Microsoft (R) SQL Server Execute Package Utility
Version 9.00.1399.06 for 32-bit
Copyright (C) Microsoft Corp 1984-2005. All rights reserved.
NULL
Started:  8:58:29 AM
Error: 2006-08-25 08:58:29.88
   Code: 0xC0011007
   Source: {00065602-AE1F-4A29-B6A4-08180163F190} 
   Description: Unable to load the package as XML because of package does not have a valid XML format. A specific XML parser error will be posted.
End Error
Error: 2006-08-25 08:58:29.88
   Code: 0xC0011002
   Source: {00065602-AE1F-4A29-B6A4-08180163F190} 
   Description: Failed to open package file "D:\\TAHOE\\APPS\\SSISPackages\\Integration Services Packages\\ArchiveMain.dtsx" due to error 0x80070015 "The device is not ready.".  This happens when loading a package and the file cannot be opened or loaded c
orrectly into the XML document. This can be the result of either providing an incorrect file name was specified when calling LoadPackage or the XML file was specified and has an incorrect format.
End Error
Could not load package "D:\\TAHOE\\APPS\\SSISPackages\\Integration Services Packages\\ArchiveMain.dtsx" because of error 0xC0011002.
Description: Failed to open package file "D:\\TAHOE\\APPS\\SSISPackages\\Integration Services Packages\\ArchiveMain.dtsx" due to error 0x80070015 "The device is not ready.".  This happens when loading a package and the file cannot be opened or loaded corr
ectly into the XML document. This can be the result of either providing an incorrect file name was specified when calling LoadPackage or the XML file was specified and has an incorrect format.
Source: {00065602-AE1F-4A29-B6A4-08180163F190}
Started:  8:58:29 AM
Finished: 8:58:29 AM
Elapsed:  0.047 seconds
NULL


This is the error i am getting when i try to execute in the sql query analyser. The path is correct for the package and the package exist in the path. 
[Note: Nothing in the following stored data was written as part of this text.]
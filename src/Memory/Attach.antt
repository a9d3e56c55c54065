-- ===== src/Memory/Attach.antt =====
-- memory/attach.py: the two memory backends and the search for the emulator's memory. The
-- operating system's calls are parameters.
pub mod Hosts
use dolphin_re_mcp.Prelude.{
  ℕ, zero, suc, ◌+◌, Bool, true, false, not, ◌&&◌, Option, none, some, List, [], ◌∷◌, leb, ◌==◌,
  if◌then◌else◌, length,
}
use dolphin_re_mcp.Prelude.Int.{ℤ, pos, ◌+ℤ◌}
use dolphin_re_mcp.Prelude.Text.{Bytes}
use dolphin_re_mcp.Errors.{Result, ok, err, attach_error, os_error, out_of_fuel}
use dolphin_re_mcp.Exec.{Exec, lift, ◌>>=◌, ◌>>◌}
use dolphin_re_mcp.Memory.Routing.{Region, mem1, mem2, RoutedAddress, route}
use dolphin_re_mcp.Gdb.Stub.{Stub}
use dolphin_re_mcp.Gdb.Commands.{read_mem, write_mem}

abbrev pub mem1_reserved_size : ℕ
mem1_reserved_size = 0x02000000

abbrev pub mem2_reserved_size : ℕ
mem2_reserved_size = 0x04000000

abbrev pub mem_commit : ℕ
mem_commit = 0x1000

abbrev pub mem_mapped : ℕ
mem_mapped = 0x40000

abbrev pub page_readwrite : ℕ
page_readwrite = 0x04

-- `_Region`
pub record HostRegion : Type 0 where
  pub base_addr : ℕ
  pub size : ℕ

-- `_MEMORY_BASIC_INFORMATION`, as far as it is read. A base address of 0 is None.
pub record MemoryInfo : Type 0 where
  pub base_address : ℕ
  pub region_size : ℕ
  pub state : ℕ
  pub protect : ℕ
  pub kind : ℕ

-- The calls of the operating system: `open_process` tells whether it gives a handle, `query` is
-- none where VirtualQueryEx returns 0, and `read_process` and `write_process` give the bytes
-- that they moved, or none where they fail.
pub record Host : Type 0 where
  pub is_windows : Bool
  pub find_pid : Option ℕ
  pub open_process : ℕ → Bool
  pub query : ℕ → Option MemoryInfo
  pub read_process : ℤ → ℤ → Option Bytes
  pub write_process : ℤ → Bytes → Option ℕ

-- `WindowsAttachBackend`; `handle` tells that it has one.
pub record AttachBackend : Type 0 where
  pub pid : ℕ
  pub mem1_region : HostRegion
  pub mem2_region : HostRegion
  pub handle : Bool

unfoldable pub is_guest_memory : MemoryInfo → Bool
is_guest_memory mbi =
    (mbi.state == mem_commit)
    && ((mbi.kind == mem_mapped)
        && ((mbi.protect == page_readwrite) && not (mbi.base_address == 0)))

abbrev pub collect : MemoryInfo → List HostRegion → List HostRegion
collect mbi rest =
    if is_guest_memory mbi
    then (record { base_addr = mbi.base_address; size = mbi.region_size }) ∷ rest
    else rest

abbrev pub collected : MemoryInfo → Result (List HostRegion) → Result (List HostRegion)
collected mbi (ok rest) = ok (collect mbi rest)
collected mbi (err e) = err e

-- The loop of `_walk_mem_regions`, at one address.
abbrev pub walk_at :
    ℕ → Option MemoryInfo → (ℕ → Result (List HostRegion)) → Result (List HostRegion)
walk_at addr none next = ok []
walk_at addr (some mbi) next =
    let next_addr = mbi.base_address + mbi.region_size in
    if leb next_addr addr then ok (collect mbi []) else collected mbi (next next_addr)

unfoldable pub walk_loop : (ℕ → Option MemoryInfo) → ℕ → ℕ → Result (List HostRegion)
walk_loop query zero addr = err out_of_fuel
walk_loop query (suc fuel) addr = walk_at addr (query addr) (walk_loop query fuel)

-- As many rounds as there are addresses below the limit of a 64-bit process.
abbrev pub address_space : ℕ
address_space = 0x10000000000000000

unfoldable pub walk_mem_regions : Host → ℕ → Result (List HostRegion)
walk_mem_regions host pid =
    if host.open_process pid then walk_loop host.query (suc address_space) 0 else err attach_error

unfoldable pub pick_first : List HostRegion → ℕ → Option HostRegion
pick_first [] wanted_size = none
pick_first (r ∷ rs) wanted_size =
    if r.size == wanted_size then some r else pick_first rs wanted_size

-- `cls(pid, mem1, mem2)`, which opens the handle.
abbrev pub open_handle : Host → ℕ → Option HostRegion → Option HostRegion → Result AttachBackend
open_handle host pid (some m1) (some m2) =
    if host.open_process pid
    then ok (record { pid = pid; mem1_region = m1; mem2_region = m2; handle = true })
    else err attach_error
open_handle host pid _ _ = err attach_error

abbrev pub choose_regions : Host → ℕ → Result (List HostRegion) → Result AttachBackend
choose_regions host pid (err e) = err e
choose_regions host pid (ok regions) =
    open_handle host pid (pick_first regions mem1_reserved_size)
      (pick_first regions mem2_reserved_size)

abbrev pub find_regions : Host → Option ℕ → Result AttachBackend
find_regions host none = err attach_error
find_regions host (some pid) = choose_regions host pid (walk_mem_regions host pid)

-- `WindowsAttachBackend.find_dolphin()`
unfoldable pub find_dolphin : Host → Result AttachBackend
find_dolphin host = if host.is_windows then find_regions host host.find_pid else err attach_error

-- `close()`
unfoldable pub close_handle : AttachBackend → AttachBackend
close_handle b = record b { handle = false }

abbrev pub based : AttachBackend → RoutedAddress → ℤ
based b r = elim r.region [
  | mem1 ↦ pos b.mem1_region.base_addr +ℤ r.offset
  | mem2 ↦ pos b.mem2_region.base_addr +ℤ r.offset
]

abbrev pub based_result : AttachBackend → Result RoutedAddress → Result ℤ
based_result b (ok r) = ok (based b r)
based_result b (err e) = err e

-- `_host_addr(addr, size)`
unfoldable pub host_addr : AttachBackend → ℤ → ℤ → Result ℤ
host_addr b addr size = based_result b (route addr size)

abbrev pub whole : ℤ → Option Bytes → Result Bytes
whole size none = err os_error
whole size (some bytes) = elim size [
  | pos n ↦ if length bytes == n then ok bytes else err os_error
  | _ ↦ err os_error
]

abbrev pub read_at : Host → ℤ → Result ℤ → Result Bytes
read_at host size (err e) = err e
read_at host size (ok a) = whole size (host.read_process a size)

-- `WindowsAttachBackend.read(addr, size)`
unfoldable pub attach_read : Host → AttachBackend → ℤ → ℤ → Result Bytes
attach_read host b addr size = read_at host size (host_addr b addr size)

abbrev pub written : ℕ → Option ℕ → Result (Unit {0})
written n none = err os_error
written n (some m) = if m == n then ok tt else err os_error

abbrev pub write_at : Host → Bytes → Result ℤ → Result (Unit {0})
write_at host bytes (err e) = err e
write_at host bytes (ok a) = written (length bytes) (host.write_process a bytes)

-- `WindowsAttachBackend.write(addr, data)`
unfoldable pub attach_write : Host → AttachBackend → ℤ → Bytes → Result (Unit {0})
attach_write host b addr bytes = write_at host bytes (host_addr b addr (pos (length bytes)))

-- `GDBMemoryBackend.read(addr, size)`
unfoldable pub gdb_mem_read : ℤ → ℤ → Exec Stub Bytes
gdb_mem_read addr size = do lift (route addr size); read_mem addr size

-- `GDBMemoryBackend.write(addr, data)`
unfoldable pub gdb_mem_write : ℤ → Bytes → Exec Stub Unit
gdb_mem_write addr bytes = do lift (route addr (pos (length bytes))); write_mem addr bytes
/Conn TahoeDB;\"Data Source=*SE411824*;Initial Catalog=VagnelTest;Provider=SQLNCLI.1;Integrated Security=SSPI;\"   

if i try to execute this under my own database query analyser. It executes fine but archives the Data from my own database table even if i give the conn as production database.

If i try to execute in production database query analyser it does not execute  it throws up error.

Is there something which is not establishing in production server database or what?

Thanks,
Jasmine

----------


## rmiao

Is production db on same machine with test db?

----------


## virgo

Yes Both are on same machine

----------


## rmiao

Then any difference in those dbs?

----------


## virgo

i am extremely sorry. Production database is on another machine and i am working on my own machine where i have the production database running.

I just make the database connection from my machine to the production server.

----------


## rmiao

Did you install xml component on the server properly?

----------


## virgo

Sorry for the late reply. The package was trying to find the wrong path of the file to execute. The problem is solved now.Thanks for your help
jas

----------